**ENTRIES SHOWN**
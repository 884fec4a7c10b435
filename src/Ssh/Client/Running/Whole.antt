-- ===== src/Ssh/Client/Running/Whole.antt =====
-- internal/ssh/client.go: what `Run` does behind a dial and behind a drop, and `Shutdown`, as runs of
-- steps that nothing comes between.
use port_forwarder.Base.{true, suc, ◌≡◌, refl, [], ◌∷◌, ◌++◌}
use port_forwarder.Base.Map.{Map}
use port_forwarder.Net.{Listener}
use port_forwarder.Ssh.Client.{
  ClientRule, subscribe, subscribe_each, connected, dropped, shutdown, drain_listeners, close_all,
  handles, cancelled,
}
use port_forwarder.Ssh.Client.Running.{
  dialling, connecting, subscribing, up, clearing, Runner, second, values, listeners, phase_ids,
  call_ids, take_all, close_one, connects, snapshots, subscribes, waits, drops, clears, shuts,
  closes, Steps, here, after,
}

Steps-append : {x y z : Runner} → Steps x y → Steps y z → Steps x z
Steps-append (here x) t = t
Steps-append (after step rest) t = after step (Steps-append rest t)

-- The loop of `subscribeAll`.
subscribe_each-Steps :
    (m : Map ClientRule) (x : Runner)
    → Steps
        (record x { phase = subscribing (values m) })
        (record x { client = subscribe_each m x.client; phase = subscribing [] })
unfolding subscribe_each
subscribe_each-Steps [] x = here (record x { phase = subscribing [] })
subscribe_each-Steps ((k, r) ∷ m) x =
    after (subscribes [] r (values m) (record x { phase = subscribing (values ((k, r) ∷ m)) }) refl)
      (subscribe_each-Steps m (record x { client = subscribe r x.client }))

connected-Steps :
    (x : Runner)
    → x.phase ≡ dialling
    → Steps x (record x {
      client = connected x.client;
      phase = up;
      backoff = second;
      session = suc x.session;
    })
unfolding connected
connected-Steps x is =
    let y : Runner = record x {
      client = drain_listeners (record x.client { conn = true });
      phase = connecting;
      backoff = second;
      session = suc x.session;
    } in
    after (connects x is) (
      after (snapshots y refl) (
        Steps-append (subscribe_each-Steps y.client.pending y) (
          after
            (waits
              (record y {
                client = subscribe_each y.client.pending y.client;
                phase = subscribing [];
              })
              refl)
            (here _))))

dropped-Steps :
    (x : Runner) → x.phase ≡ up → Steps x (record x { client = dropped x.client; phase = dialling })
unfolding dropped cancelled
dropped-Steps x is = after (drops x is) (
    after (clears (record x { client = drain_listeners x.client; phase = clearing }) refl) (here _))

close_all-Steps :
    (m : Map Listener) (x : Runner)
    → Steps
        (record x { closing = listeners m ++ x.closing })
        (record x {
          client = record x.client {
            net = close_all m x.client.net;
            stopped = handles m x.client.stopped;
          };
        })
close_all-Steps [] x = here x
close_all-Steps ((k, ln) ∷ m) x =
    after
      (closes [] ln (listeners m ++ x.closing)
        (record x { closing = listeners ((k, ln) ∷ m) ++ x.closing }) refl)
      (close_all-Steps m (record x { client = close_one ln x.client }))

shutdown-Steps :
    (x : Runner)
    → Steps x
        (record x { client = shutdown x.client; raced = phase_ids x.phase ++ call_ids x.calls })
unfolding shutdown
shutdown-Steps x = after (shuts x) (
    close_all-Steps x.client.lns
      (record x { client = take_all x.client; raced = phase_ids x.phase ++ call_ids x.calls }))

**AIM OF THE EXERCISE**
Copy each line of the entries that includes the word "clears".

**RESPONSE TO THIS TASK**
  call_ids, take_all, close_one, connects, snapshots, subscribes, waits, drops, clears, shuts,
    after (clears (record x { client = drain_listeners x.client; phase = clearing }) refl) (here _))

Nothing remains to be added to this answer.